━━━ SUPPLIED ENTRIES ━━━
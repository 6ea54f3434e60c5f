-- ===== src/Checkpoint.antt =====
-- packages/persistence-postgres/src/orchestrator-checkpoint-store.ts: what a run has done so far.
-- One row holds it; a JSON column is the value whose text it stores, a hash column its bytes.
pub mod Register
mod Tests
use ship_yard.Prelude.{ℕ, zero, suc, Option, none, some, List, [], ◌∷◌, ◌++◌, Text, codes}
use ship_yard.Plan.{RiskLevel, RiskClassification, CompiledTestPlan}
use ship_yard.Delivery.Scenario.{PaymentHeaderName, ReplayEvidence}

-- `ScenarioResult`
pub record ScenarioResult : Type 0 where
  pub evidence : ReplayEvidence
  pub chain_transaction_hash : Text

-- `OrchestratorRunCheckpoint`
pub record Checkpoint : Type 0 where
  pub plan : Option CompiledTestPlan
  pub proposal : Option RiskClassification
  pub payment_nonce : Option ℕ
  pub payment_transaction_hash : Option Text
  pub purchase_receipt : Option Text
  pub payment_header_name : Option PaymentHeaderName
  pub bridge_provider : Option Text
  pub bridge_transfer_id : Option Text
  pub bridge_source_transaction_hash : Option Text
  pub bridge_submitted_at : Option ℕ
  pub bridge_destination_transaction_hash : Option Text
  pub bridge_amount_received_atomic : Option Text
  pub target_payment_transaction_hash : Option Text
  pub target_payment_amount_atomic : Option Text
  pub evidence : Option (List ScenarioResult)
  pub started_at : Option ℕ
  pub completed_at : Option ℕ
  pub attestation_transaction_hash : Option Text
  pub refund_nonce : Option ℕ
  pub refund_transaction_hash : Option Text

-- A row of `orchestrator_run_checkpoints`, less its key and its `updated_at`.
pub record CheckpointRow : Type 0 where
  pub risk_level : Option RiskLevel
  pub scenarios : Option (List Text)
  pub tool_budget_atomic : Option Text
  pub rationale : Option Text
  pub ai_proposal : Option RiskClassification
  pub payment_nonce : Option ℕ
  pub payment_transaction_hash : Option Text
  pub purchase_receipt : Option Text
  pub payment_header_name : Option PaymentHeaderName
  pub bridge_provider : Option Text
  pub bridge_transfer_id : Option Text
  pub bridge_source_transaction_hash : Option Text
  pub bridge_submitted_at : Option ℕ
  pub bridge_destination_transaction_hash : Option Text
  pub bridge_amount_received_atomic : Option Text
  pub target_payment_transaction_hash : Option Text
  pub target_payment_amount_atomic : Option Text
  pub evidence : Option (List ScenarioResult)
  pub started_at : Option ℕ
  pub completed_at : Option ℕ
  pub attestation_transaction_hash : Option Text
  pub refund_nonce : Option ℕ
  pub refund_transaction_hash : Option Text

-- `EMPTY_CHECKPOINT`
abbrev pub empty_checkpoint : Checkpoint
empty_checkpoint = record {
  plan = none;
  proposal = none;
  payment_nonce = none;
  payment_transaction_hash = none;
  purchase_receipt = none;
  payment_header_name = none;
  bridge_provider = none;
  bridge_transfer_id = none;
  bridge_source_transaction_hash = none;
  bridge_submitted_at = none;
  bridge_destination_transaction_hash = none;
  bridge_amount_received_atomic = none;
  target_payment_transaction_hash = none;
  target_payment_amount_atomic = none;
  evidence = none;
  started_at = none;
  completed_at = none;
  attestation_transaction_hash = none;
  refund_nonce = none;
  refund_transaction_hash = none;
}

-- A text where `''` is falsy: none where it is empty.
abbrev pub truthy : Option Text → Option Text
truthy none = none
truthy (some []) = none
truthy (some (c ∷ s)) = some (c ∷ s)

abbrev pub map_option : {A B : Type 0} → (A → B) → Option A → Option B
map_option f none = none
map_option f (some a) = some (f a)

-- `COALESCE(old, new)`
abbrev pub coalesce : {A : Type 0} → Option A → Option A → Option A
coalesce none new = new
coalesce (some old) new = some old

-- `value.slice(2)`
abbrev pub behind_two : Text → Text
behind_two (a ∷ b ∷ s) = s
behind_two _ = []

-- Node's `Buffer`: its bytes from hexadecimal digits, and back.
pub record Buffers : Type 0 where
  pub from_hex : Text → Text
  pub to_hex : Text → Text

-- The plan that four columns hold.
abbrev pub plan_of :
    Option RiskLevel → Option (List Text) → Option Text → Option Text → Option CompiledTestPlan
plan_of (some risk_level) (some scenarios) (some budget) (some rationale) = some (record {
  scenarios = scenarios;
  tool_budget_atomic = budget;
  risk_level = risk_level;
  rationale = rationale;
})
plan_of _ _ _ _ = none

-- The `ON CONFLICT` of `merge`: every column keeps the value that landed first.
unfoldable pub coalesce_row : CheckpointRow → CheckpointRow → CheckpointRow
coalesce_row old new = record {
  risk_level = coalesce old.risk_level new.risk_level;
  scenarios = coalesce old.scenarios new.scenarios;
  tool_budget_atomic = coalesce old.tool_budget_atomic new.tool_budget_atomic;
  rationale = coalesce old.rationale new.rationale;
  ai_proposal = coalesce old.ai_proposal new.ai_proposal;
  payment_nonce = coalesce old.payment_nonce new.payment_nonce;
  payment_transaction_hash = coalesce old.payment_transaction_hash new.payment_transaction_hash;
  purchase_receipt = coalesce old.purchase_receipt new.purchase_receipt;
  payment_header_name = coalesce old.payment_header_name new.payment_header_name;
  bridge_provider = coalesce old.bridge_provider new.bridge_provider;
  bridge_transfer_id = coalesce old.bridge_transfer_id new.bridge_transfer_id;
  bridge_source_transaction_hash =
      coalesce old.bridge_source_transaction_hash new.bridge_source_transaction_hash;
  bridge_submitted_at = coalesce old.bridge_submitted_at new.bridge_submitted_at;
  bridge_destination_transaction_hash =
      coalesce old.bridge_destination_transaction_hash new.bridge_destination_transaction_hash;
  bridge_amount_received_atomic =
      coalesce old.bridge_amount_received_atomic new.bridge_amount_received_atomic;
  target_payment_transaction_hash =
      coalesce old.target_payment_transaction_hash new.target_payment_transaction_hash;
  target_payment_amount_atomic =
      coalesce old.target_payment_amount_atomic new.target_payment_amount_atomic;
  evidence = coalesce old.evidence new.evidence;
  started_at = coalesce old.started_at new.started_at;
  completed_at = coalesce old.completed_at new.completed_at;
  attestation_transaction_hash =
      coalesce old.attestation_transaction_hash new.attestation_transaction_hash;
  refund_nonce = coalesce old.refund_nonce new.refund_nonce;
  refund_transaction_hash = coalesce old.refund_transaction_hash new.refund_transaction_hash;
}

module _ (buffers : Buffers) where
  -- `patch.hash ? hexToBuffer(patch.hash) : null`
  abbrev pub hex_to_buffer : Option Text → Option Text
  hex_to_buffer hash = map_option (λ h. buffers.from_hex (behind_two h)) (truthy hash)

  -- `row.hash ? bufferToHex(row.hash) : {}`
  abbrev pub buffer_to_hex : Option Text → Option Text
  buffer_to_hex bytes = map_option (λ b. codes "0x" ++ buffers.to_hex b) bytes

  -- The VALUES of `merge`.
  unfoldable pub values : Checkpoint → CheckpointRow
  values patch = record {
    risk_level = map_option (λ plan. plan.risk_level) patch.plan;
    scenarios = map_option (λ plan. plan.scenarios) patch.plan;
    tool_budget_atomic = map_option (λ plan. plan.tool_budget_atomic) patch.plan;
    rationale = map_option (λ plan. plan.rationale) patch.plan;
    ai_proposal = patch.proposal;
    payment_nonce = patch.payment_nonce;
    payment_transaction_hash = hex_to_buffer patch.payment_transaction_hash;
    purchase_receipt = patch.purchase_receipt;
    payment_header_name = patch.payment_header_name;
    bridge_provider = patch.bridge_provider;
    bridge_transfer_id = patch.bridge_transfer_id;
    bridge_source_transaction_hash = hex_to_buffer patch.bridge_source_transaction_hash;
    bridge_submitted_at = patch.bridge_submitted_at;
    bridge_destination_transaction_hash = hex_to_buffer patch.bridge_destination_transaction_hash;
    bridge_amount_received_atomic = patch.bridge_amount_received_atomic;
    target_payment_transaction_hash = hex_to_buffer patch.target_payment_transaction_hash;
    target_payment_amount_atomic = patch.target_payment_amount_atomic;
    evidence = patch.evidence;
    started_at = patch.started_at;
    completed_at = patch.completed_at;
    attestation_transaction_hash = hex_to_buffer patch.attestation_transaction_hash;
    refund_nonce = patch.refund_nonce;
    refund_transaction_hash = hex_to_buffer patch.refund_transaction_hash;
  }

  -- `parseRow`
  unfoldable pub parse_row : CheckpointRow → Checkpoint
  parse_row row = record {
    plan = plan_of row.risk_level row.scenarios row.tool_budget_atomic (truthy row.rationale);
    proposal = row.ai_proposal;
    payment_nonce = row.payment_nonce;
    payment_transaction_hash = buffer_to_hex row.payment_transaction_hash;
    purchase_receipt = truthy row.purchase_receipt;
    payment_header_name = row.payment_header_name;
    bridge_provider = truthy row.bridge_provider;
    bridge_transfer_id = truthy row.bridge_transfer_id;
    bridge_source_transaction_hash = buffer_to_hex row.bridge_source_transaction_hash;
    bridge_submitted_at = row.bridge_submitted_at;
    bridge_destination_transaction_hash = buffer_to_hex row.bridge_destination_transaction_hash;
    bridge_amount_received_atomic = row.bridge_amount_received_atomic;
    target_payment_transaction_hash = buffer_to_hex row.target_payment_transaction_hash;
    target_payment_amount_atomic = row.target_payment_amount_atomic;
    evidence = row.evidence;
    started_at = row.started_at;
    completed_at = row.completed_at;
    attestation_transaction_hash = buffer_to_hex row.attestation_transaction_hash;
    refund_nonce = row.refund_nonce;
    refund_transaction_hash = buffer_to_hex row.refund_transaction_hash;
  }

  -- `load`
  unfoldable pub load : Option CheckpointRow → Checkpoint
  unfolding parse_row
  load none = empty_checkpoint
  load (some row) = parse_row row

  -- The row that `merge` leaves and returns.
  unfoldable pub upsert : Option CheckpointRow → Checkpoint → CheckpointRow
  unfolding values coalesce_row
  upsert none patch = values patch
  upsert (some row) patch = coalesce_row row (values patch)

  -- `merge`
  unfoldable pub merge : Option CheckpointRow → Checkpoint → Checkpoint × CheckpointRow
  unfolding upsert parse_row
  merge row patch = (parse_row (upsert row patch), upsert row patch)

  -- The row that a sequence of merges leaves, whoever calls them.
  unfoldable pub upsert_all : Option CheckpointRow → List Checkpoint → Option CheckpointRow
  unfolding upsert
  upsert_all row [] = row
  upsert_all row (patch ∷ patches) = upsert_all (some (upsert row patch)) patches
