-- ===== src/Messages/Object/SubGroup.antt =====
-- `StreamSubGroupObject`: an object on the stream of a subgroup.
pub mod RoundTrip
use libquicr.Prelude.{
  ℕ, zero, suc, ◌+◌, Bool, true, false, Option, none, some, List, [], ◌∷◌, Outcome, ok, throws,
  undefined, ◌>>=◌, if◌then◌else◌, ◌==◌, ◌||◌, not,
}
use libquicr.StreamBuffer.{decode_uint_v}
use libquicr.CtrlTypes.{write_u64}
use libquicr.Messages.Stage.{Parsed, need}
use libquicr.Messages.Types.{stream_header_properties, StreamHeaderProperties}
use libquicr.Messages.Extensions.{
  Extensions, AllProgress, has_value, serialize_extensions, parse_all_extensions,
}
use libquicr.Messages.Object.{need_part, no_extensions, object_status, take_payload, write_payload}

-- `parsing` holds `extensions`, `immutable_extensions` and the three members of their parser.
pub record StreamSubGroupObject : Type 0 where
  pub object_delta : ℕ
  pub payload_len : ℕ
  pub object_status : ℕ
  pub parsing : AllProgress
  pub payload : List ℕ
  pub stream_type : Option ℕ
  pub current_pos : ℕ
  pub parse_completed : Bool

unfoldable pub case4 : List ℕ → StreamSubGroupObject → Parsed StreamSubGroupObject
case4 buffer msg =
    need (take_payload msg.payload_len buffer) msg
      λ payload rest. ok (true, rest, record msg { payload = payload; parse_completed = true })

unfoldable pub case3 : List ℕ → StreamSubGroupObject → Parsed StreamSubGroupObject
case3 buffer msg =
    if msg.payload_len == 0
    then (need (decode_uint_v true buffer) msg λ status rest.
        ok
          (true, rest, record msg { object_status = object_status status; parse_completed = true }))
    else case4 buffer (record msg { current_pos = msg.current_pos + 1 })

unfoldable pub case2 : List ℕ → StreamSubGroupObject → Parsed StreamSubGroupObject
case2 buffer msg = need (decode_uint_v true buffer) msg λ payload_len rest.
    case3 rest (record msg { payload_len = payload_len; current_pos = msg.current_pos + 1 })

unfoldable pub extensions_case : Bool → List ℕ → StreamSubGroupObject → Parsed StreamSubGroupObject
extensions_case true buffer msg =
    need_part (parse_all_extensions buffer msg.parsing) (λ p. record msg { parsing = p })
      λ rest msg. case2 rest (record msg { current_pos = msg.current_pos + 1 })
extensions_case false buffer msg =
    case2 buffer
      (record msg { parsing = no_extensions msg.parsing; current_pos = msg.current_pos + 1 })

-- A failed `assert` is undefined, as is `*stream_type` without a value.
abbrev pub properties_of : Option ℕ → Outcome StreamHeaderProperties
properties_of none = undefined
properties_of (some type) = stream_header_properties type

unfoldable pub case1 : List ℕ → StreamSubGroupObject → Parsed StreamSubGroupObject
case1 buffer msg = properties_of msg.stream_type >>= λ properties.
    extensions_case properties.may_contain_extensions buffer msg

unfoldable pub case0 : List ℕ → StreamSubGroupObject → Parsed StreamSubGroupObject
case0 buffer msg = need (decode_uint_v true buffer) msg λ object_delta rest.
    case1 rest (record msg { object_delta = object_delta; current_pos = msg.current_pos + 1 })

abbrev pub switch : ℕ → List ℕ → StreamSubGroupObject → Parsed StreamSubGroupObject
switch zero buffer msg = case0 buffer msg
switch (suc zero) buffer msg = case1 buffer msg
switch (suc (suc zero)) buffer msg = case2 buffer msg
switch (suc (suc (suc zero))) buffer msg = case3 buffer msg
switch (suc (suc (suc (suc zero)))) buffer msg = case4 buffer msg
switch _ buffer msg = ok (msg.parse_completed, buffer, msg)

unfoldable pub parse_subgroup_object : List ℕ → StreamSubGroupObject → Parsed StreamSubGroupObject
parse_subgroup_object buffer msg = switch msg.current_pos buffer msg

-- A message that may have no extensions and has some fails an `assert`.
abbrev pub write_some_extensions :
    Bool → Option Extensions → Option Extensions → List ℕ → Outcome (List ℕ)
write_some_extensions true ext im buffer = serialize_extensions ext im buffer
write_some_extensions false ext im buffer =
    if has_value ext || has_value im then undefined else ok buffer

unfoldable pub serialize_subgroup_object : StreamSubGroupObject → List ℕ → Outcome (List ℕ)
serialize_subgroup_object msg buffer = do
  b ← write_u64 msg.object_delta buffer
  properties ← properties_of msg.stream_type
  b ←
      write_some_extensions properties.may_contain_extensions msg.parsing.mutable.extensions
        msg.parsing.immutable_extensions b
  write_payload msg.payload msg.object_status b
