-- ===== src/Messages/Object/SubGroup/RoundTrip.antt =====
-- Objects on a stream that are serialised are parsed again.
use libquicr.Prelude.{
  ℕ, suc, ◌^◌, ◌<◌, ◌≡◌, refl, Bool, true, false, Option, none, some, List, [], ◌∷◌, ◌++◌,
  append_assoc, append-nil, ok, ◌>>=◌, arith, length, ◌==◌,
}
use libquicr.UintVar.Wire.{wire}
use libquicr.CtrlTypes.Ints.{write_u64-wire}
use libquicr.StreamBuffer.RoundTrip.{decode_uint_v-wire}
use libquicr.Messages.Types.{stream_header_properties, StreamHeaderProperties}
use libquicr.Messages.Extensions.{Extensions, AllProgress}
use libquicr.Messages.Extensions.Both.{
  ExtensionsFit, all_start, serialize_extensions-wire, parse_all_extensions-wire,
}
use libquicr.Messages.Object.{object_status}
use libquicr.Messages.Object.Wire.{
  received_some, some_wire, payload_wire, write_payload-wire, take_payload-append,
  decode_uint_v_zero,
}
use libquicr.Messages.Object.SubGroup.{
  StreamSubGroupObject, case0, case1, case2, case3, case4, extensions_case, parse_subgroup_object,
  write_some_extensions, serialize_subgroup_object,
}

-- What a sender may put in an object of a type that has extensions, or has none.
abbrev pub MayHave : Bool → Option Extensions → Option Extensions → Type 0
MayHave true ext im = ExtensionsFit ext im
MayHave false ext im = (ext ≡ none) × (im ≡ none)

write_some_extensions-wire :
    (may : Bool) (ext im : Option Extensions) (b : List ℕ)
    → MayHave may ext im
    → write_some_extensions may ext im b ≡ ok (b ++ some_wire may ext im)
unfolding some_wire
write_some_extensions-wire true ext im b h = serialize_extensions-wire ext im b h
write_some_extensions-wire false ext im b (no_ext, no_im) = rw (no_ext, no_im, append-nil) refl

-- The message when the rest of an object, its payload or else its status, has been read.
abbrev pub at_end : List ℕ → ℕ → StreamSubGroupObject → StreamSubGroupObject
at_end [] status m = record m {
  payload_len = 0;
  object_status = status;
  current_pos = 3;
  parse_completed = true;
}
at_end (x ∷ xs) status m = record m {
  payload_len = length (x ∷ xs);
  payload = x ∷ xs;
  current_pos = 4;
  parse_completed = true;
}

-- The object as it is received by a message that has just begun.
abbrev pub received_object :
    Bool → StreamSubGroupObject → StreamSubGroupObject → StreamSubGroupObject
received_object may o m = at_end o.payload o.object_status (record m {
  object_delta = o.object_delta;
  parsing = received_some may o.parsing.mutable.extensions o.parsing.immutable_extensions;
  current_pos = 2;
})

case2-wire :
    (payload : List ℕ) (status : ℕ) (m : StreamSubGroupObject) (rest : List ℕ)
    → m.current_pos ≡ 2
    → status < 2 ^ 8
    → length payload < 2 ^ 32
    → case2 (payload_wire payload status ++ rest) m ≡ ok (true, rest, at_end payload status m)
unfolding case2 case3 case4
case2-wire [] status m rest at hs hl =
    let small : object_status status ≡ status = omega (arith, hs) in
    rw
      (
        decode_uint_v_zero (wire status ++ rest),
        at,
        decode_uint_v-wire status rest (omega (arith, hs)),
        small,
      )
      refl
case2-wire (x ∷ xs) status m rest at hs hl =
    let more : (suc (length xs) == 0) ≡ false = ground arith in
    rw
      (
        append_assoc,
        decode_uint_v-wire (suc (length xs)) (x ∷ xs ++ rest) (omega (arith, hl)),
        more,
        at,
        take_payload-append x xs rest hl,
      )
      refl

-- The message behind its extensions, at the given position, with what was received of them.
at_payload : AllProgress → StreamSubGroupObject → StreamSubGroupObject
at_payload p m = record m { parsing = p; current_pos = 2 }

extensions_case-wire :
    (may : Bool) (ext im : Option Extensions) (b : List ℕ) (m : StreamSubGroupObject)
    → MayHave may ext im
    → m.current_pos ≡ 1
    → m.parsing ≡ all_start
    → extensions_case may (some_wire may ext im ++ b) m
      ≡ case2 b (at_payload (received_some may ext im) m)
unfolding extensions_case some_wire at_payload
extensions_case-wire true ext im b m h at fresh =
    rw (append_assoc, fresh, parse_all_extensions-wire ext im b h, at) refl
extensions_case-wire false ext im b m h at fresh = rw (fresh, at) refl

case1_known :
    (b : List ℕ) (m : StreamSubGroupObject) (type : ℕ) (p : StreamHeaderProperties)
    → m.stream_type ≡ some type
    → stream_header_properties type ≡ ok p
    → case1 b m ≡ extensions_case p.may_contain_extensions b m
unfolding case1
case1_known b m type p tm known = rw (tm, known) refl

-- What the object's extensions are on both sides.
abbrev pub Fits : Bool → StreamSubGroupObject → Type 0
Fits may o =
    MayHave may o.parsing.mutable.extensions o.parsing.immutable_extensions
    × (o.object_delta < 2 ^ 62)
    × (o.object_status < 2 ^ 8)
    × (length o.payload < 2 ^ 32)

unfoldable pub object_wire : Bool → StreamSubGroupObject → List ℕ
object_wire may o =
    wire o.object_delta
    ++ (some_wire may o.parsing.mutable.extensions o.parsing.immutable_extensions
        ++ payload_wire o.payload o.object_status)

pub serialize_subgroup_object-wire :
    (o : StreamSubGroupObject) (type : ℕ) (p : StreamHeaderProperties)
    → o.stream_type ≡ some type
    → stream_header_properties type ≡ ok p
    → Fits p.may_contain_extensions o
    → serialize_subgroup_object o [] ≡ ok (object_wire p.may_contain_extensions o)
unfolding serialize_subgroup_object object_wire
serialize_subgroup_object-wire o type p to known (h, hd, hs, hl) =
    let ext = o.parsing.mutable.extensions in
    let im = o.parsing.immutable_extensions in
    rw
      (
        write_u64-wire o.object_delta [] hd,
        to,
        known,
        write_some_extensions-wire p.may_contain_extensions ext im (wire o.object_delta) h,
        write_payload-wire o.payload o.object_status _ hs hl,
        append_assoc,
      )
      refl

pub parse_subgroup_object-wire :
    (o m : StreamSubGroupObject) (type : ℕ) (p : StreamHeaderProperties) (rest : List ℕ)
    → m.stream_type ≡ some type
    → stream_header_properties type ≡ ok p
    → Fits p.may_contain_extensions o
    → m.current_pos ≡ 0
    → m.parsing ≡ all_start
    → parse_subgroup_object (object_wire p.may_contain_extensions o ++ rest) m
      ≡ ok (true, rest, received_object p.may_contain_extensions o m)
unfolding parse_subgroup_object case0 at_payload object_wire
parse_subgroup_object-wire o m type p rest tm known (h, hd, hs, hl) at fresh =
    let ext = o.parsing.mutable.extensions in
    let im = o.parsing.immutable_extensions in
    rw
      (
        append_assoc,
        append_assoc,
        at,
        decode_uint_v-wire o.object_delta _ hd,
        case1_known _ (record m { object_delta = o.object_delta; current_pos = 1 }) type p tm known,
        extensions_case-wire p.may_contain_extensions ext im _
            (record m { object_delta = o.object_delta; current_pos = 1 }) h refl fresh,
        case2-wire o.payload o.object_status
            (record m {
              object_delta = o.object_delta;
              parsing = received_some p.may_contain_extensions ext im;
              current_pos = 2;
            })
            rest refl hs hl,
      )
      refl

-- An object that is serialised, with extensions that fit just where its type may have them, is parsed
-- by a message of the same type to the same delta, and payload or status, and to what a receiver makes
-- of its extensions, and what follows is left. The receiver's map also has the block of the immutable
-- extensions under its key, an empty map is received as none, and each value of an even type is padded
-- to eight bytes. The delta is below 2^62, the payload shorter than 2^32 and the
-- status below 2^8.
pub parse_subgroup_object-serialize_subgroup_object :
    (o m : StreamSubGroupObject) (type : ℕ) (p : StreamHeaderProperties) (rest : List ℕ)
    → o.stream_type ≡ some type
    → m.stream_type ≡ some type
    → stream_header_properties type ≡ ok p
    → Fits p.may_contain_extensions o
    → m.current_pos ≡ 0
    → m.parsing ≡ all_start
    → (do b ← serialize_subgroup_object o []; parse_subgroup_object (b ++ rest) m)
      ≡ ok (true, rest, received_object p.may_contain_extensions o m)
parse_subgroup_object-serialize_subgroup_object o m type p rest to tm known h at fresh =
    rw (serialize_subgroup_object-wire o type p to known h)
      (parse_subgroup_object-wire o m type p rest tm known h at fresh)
━━━
Show all lines in the entries above where the string "then" appears.

  undefined, ◌>>=◌, if◌then◌else◌, ◌==◌, ◌||◌, not,
    then (need (decode_uint_v true buffer) msg λ status rest.
    if has_value ext || has_value im then undefined else ok buffer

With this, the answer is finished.